Task goal
Below are some entries. Count the lines where "When" appears and state only that number.

Collected data
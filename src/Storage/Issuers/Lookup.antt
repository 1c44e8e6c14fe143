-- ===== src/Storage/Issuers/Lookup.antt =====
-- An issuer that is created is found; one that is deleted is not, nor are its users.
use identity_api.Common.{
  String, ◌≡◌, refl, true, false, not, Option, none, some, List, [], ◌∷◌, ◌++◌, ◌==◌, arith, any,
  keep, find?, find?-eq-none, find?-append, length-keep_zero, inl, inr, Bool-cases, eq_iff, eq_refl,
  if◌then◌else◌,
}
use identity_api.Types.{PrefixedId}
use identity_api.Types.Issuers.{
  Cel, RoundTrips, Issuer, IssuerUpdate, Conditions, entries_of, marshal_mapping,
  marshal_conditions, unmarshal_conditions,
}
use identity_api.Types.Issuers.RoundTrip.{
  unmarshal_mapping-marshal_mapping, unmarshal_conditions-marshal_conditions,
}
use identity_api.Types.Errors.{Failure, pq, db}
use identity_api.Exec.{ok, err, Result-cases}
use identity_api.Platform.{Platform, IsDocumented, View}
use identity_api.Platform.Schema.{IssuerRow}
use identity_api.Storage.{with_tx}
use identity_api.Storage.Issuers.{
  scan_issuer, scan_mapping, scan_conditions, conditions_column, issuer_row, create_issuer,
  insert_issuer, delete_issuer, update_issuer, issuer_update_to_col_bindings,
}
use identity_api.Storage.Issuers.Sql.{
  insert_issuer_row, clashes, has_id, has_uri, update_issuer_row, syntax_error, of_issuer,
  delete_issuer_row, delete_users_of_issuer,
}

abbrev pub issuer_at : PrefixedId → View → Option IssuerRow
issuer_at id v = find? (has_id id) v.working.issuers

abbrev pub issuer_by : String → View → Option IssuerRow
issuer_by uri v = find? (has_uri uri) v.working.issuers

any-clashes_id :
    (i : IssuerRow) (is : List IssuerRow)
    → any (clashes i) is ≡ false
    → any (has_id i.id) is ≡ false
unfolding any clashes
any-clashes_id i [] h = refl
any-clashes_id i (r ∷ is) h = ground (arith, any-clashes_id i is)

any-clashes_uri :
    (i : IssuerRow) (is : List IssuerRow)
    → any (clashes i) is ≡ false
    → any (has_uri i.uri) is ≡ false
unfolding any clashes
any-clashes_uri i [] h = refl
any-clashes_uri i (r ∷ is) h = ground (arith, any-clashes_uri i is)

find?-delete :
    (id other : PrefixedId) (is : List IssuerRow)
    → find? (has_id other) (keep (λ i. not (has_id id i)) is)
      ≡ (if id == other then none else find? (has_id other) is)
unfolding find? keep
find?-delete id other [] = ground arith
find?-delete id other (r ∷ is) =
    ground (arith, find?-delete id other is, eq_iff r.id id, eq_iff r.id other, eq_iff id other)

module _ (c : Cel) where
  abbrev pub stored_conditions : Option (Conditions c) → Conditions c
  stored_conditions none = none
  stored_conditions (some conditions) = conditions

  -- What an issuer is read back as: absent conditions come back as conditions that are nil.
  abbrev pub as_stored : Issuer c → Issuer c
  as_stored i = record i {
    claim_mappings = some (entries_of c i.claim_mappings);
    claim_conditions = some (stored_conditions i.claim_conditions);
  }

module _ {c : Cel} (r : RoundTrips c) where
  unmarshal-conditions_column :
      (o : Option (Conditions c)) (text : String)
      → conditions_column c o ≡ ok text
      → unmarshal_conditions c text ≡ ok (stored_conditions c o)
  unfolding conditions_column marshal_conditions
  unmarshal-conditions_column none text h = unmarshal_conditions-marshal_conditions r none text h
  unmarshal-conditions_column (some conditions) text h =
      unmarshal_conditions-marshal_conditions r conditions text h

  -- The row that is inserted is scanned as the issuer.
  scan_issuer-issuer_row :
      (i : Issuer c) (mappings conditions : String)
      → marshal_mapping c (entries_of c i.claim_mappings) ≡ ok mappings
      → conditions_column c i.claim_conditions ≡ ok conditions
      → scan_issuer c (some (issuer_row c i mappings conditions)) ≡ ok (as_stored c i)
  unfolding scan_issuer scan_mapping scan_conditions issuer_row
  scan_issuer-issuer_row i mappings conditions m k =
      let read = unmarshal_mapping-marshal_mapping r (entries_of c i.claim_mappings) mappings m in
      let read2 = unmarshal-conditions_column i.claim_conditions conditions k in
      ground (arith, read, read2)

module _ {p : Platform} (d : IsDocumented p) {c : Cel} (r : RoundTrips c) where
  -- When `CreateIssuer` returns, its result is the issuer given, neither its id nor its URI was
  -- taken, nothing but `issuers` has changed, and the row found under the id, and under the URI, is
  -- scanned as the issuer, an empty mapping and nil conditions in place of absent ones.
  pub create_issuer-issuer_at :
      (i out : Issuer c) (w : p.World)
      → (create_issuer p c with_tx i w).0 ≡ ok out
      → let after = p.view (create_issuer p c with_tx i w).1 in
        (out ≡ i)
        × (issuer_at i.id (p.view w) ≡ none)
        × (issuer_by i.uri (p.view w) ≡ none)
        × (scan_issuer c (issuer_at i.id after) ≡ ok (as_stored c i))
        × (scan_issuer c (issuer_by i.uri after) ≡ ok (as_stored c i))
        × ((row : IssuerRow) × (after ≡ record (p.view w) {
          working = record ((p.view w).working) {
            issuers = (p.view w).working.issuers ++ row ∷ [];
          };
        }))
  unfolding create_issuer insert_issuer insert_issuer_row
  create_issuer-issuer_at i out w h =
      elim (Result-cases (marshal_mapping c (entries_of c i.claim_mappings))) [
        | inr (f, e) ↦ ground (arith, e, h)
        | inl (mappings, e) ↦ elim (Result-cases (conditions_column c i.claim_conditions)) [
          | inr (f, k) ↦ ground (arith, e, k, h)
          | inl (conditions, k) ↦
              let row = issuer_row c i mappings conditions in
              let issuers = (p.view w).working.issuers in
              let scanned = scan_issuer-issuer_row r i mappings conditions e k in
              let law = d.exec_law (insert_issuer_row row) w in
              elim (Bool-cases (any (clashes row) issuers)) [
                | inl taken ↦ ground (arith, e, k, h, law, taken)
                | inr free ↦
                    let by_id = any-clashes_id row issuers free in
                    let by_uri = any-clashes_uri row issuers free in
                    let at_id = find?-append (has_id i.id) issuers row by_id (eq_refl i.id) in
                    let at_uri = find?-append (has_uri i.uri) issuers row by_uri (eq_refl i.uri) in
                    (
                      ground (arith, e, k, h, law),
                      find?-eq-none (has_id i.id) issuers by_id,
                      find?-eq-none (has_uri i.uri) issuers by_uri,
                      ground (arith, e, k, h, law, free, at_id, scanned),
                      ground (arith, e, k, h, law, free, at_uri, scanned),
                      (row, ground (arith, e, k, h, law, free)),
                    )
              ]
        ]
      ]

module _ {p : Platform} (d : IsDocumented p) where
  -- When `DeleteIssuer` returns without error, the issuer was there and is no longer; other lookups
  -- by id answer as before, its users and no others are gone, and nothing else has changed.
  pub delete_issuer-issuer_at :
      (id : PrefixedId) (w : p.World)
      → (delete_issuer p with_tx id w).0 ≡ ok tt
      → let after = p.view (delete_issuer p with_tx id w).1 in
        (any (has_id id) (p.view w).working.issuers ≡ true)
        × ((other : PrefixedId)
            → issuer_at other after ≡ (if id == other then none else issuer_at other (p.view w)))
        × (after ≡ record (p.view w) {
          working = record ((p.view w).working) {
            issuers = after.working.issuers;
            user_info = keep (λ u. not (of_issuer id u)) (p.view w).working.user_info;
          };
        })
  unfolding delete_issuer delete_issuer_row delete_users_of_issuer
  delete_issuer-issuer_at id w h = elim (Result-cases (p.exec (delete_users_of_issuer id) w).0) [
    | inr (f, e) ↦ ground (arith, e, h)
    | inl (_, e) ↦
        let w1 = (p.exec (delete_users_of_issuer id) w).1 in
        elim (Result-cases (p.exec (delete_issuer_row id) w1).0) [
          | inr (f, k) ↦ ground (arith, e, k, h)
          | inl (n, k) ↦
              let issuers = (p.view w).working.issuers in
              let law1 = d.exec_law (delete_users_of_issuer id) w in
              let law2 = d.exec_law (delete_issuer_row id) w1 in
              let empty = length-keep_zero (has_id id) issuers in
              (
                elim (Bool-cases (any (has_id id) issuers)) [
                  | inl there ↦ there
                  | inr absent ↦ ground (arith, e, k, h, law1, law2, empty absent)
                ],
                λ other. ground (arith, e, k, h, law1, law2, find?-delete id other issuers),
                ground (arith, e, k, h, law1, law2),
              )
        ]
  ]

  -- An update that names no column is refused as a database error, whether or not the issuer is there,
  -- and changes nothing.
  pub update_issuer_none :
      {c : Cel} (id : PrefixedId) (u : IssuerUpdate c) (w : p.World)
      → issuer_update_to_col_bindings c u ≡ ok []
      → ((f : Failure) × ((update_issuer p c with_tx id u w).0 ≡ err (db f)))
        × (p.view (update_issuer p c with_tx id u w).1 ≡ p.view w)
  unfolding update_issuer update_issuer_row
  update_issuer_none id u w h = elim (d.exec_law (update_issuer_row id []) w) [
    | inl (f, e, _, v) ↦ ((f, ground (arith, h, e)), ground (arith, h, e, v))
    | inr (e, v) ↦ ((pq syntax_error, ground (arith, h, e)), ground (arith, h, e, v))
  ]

Response area
2